## Data for the task:
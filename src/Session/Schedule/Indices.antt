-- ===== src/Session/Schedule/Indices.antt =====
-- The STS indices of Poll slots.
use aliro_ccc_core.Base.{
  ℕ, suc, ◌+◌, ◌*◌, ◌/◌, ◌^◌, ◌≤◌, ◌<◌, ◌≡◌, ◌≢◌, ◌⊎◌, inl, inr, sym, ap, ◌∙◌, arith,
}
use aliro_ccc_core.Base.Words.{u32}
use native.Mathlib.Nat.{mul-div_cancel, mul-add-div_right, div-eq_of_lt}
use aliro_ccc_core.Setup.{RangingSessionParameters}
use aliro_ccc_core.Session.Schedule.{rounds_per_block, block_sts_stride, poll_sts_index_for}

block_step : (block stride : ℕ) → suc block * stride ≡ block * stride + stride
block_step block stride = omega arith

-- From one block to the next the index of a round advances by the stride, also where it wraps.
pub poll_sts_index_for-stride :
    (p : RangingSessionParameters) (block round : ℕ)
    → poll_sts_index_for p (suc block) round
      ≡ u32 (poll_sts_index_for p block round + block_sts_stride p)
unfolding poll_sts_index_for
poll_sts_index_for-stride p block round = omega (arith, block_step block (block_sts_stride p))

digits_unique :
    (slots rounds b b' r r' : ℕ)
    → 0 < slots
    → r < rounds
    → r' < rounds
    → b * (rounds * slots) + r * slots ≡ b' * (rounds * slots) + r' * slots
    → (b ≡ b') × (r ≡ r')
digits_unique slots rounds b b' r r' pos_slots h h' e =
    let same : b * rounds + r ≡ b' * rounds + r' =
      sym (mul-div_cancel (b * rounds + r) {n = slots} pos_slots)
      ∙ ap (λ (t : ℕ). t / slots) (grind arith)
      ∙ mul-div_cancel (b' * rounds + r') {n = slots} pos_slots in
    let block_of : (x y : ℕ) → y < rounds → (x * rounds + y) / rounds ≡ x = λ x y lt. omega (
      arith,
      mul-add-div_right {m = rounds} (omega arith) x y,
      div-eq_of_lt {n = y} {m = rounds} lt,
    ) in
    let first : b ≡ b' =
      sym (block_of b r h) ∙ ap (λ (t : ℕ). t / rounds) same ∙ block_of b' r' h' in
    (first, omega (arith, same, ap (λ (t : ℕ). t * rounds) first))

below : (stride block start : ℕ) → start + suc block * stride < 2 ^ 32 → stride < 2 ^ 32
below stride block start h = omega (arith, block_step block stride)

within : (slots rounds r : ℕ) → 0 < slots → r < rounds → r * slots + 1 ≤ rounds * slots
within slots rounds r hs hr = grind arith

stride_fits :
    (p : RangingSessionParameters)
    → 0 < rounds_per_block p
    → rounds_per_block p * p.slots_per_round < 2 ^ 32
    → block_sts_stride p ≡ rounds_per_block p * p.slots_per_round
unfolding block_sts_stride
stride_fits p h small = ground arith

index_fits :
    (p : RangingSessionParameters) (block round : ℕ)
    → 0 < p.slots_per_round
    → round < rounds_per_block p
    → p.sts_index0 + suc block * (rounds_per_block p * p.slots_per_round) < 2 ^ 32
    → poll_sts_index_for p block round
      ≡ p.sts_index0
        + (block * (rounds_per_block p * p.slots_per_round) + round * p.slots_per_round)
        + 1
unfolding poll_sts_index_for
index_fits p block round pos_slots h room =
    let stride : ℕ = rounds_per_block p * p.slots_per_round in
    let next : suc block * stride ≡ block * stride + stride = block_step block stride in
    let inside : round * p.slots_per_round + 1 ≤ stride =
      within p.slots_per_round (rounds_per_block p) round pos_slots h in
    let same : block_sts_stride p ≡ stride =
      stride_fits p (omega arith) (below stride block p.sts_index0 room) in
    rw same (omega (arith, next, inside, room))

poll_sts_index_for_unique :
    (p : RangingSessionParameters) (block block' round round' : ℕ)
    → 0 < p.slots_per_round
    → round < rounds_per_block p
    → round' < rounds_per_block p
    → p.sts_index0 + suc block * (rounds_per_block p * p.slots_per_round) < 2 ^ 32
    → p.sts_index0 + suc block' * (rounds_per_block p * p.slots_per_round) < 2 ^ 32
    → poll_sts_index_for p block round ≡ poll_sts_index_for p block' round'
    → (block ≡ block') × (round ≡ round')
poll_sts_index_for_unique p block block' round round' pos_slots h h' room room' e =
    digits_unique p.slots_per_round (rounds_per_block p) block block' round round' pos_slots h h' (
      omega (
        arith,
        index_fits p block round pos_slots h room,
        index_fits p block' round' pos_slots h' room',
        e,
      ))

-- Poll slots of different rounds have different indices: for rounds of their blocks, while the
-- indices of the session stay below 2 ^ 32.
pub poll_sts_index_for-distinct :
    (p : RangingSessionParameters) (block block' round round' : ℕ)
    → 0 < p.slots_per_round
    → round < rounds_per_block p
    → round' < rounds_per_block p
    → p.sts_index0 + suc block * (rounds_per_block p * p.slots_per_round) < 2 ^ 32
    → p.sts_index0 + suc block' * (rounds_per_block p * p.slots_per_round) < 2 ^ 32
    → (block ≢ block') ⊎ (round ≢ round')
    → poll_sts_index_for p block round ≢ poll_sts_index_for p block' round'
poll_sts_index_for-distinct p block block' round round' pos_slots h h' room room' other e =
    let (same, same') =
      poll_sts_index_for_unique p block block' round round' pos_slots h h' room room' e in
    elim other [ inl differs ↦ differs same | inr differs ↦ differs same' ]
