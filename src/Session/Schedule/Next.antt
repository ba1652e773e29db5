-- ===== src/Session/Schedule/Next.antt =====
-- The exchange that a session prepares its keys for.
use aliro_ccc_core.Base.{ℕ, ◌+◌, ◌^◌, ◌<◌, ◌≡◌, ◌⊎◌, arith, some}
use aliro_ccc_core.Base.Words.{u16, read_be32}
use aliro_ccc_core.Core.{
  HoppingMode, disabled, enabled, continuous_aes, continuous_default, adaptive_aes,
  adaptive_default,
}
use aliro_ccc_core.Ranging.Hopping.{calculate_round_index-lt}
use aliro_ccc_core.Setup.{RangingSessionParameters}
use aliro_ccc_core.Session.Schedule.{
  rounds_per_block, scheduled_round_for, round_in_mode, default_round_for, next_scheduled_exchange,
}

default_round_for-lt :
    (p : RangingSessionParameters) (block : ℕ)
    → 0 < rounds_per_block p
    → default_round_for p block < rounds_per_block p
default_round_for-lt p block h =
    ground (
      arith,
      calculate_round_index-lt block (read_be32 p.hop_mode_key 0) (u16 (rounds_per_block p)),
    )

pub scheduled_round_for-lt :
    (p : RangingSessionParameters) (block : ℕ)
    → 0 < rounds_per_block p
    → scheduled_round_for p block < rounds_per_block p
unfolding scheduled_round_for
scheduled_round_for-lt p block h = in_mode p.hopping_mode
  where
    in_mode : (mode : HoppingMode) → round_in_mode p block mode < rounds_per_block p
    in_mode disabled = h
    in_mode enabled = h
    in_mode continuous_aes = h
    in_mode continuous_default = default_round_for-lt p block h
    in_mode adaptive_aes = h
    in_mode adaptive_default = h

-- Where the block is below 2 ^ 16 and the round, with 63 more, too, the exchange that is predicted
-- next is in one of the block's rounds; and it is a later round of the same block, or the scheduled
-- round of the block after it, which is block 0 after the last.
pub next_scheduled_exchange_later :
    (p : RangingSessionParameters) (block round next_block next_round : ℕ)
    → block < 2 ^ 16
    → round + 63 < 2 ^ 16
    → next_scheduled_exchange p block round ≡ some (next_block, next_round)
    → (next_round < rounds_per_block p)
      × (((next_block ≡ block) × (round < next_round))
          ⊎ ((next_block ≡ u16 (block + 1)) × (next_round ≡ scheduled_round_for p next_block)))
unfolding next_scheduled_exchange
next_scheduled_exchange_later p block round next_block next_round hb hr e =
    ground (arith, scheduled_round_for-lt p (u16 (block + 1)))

* * *

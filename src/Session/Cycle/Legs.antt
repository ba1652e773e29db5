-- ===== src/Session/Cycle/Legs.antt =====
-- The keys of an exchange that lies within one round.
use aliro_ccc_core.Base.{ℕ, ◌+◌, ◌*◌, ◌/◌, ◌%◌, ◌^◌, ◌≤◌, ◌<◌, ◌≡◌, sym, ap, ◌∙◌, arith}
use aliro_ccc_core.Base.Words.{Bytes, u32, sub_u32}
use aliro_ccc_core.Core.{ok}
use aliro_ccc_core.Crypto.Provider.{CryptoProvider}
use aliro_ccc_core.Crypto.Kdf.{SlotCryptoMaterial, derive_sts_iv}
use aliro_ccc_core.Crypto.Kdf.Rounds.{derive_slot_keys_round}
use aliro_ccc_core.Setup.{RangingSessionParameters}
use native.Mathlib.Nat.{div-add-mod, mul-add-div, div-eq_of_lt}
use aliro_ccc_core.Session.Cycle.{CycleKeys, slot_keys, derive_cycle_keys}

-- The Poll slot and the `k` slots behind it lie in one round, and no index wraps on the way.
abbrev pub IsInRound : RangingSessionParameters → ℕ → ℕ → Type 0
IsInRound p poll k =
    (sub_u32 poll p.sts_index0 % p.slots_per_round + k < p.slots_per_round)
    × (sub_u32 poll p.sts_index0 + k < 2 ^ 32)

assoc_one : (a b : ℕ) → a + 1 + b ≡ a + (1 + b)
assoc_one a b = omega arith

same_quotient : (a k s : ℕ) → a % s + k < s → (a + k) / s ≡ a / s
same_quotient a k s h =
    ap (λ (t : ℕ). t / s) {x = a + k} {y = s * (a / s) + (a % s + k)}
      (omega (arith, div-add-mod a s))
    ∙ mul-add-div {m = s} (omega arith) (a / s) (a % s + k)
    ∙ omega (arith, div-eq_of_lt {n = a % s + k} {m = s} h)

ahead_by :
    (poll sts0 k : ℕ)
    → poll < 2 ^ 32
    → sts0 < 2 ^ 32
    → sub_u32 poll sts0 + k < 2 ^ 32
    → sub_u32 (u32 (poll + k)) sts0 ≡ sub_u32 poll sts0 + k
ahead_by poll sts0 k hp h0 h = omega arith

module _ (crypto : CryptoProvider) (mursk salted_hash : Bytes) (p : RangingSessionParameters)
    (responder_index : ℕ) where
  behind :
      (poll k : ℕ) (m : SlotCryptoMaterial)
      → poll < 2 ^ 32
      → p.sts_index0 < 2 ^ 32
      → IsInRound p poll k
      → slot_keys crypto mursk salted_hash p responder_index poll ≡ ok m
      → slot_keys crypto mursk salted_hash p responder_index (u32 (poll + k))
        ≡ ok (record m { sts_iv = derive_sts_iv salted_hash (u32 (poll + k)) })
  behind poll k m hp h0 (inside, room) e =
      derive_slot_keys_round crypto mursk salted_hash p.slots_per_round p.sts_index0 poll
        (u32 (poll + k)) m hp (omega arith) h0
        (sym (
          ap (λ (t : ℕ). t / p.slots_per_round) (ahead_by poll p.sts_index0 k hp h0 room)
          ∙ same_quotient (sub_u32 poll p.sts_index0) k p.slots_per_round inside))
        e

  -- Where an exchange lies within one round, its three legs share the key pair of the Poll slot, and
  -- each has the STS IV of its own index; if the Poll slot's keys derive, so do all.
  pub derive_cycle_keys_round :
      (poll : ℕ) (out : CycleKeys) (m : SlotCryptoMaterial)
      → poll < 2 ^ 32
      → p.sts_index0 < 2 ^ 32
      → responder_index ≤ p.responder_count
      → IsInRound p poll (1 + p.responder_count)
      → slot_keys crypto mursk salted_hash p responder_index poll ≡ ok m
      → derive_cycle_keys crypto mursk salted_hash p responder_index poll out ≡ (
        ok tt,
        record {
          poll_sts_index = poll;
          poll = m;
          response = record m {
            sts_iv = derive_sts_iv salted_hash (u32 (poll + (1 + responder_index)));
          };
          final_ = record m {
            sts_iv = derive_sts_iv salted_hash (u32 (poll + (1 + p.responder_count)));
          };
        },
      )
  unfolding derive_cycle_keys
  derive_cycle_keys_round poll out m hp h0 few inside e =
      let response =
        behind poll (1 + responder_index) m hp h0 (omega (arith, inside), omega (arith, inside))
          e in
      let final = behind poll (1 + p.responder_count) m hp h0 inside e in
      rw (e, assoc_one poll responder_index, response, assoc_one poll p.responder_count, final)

## Work instruction:
Please give an exact copy of the entries above, from the line with "k p.slots_per_round inside))" down to the line with "responder_index ≤ p.responder_count", inclusive, and nothing else.

## Worked solution:
          ∙ same_quotient (sub_u32 poll p.sts_index0) k p.slots_per_round inside))
        e

  -- Where an exchange lies within one round, its three legs share the key pair of the Poll slot, and
  -- each has the STS IV of its own index; if the Poll slot's keys derive, so do all.
  pub derive_cycle_keys_round :
      (poll : ℕ) (out : CycleKeys) (m : SlotCryptoMaterial)
      → poll < 2 ^ 32
      → p.sts_index0 < 2 ^ 32
      → responder_index ≤ p.responder_count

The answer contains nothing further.